Священников подобного рода в Испании пятнадцатого века было предостаточно. Страна знала их и не доверяла им, а потому не доверяла ни одной организации, зародившейся в недрах церкви.
Теперь и трибунал инквизиции возбудил недоверие к себе скрытностью расследований, которую, как нам известно, строжайшим образом предписывал соблюдать Торквемада в своих «Наставлениях». Эти процессы не заслушивались в открытом суде; показания свидетелей содержались в тайне, под покровом анонимности, и люди не верили в непредвзятость и честность расследования. Когда арестовывали человека, они, как правило, видели его в следующий раз уже в кандалах и в размалеванном санбенито исполняющим трагическую роль в фарсе аутодафе.
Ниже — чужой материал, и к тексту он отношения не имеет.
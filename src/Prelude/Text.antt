-- ===== src/Prelude/Text.antt =====
-- Texts as the source's strings: their length in UTF-16 units, `trim`, `replaceAll` of a character,
-- `join`, and a test for a prefix that ignores the case of ASCII letters.
use Prim.Native.Nat.{ℕ, ◌+◌}
use Prim.Native.Char.{Char, code}
use Prim.Native.String.{String, ◌++◌}
use mathlib.Core.Bool.{Bool, true, false, ◌&&◌, ◌||◌}
use mathlib.Core.List.{List, [], ◌∷◌}
use grok_bot_v.Prelude.Tests.{if◌then◌else◌, leb, ltb, ◌==◌}

-- White space and line terminators of the language.
abbrev pub is_space : ℕ → Bool
is_space c =
    leb 9 c && leb c 13
    || c == 32
    || c == 160
    || c == 0x1680
    || leb 0x2000 c && leb c 0x200a
    || c == 0x2028
    || c == 0x2029
    || c == 0x202f
    || c == 0x205f
    || c == 0x3000
    || c == 0xfeff

abbrev pub is_empty : String → Bool
is_empty String.[] = true
is_empty (String.◌∷◌ c s) = false

abbrev pub trim_start : String → String
trim_start String.[] = ""
trim_start (String.◌∷◌ c s) = if is_space (code c) then trim_start s else String.◌∷◌ c s

-- The character before a text whose end is trimmed.
abbrev pub cons_trimmed : Char → String → String
cons_trimmed c rest = if is_empty rest && is_space (code c) then "" else String.◌∷◌ c rest

abbrev pub trim_end : String → String
trim_end String.[] = ""
trim_end (String.◌∷◌ c s) = cons_trimmed c (trim_end s)

abbrev pub trim : String → String
trim s = trim_end (trim_start s)

abbrev pub text_length : String → ℕ
text_length String.[] = 0
text_length (String.◌∷◌ c s) = (if ltb 0xffff (code c) then 2 else 1) + text_length s

abbrev pub replace_all : ℕ → String → String → String
replace_all c by String.[] = ""
replace_all c by (String.◌∷◌ d s) =
    (if code d == c then by else String.◌∷◌ d "") ++ replace_all c by s

abbrev pub lower : ℕ → ℕ
lower c = if leb b'A' c && leb c b'Z' then c + 32 else c

abbrev pub starts_with_ignoring_case : String → String → Bool
starts_with_ignoring_case s String.[] = true
starts_with_ignoring_case String.[] (String.◌∷◌ p prefix) = false
starts_with_ignoring_case (String.◌∷◌ c s) (String.◌∷◌ p prefix) =
    lower (code c) == lower (code p) && starts_with_ignoring_case s prefix

abbrev pub join : String → List String → String
join separator [] = ""
join separator (s ∷ []) = s
join separator (s ∷ t ∷ rest) = s ++ separator ++ join separator (t ∷ rest)
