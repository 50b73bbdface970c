-- ===== src/Store/Tables.antt =====
-- The tables of the database, each as a way to read its rows and to replace them.
use grok_bot_v.Prelude.{List}
use grok_bot_v.Store.Schema.{
  Db, Thread, Run, Task, Attempt, Message, Event, Computer, ExecutionLease, ExternalEffect,
  ApprovalRule, Bot,
}

pub record Table (A : Type 0) : Type 0 where
  pub rows : Db → List A
  pub put : List A → Db → Db

abbrev pub threads : Table Thread
threads = record { rows = λ d. d.threads; put = λ r d. record d { threads = r } }

abbrev pub runs : Table Run
runs = record { rows = λ d. d.runs; put = λ r d. record d { runs = r } }

abbrev pub tasks : Table Task
tasks = record { rows = λ d. d.tasks; put = λ r d. record d { tasks = r } }

abbrev pub attempts : Table Attempt
attempts = record { rows = λ d. d.attempts; put = λ r d. record d { attempts = r } }

abbrev pub messages : Table Message
messages = record { rows = λ d. d.messages; put = λ r d. record d { messages = r } }

abbrev pub events : Table Event
events = record { rows = λ d. d.events; put = λ r d. record d { events = r } }

abbrev pub computers : Table Computer
computers = record { rows = λ d. d.computers; put = λ r d. record d { computers = r } }

abbrev pub leases : Table ExecutionLease
leases = record { rows = λ d. d.leases; put = λ r d. record d { leases = r } }

abbrev pub effects : Table ExternalEffect
effects = record { rows = λ d. d.effects; put = λ r d. record d { effects = r } }

abbrev pub rules : Table ApprovalRule
rules = record { rows = λ d. d.rules; put = λ r d. record d { rules = r } }

abbrev pub bots : Table Bot
bots = record { rows = λ d. d.bots; put = λ r d. record d { bots = r } }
Благодаря этой таинственности инквизиция приобрела власть гораздо более действенную, более искусную и всеобъемлющую, чем любой гражданский суд. Могущество Великого инквизитора было почти безгранично; он не подчинялся каким бы то ни было мирским властям и не нес перед ними ответственность за чинимый произвол. Влияние Великого инквизитора во многом превосходило власть монархов, даже сам король не мог вмешиваться в дела веры в такой степени, чтобы соперничать с человеком, получившим свой пост из рук папы.
Раскинутая Торквемадой сеть оказалась столь огромной, а ячейки ее были столь мелки, что лишь самый смиренный мог считать себя в безопасности; нити ее были так прочны, что никто, сколь бы могущественным он ни был, не мог пребывать в уверенности, что ему повезет разорвать их.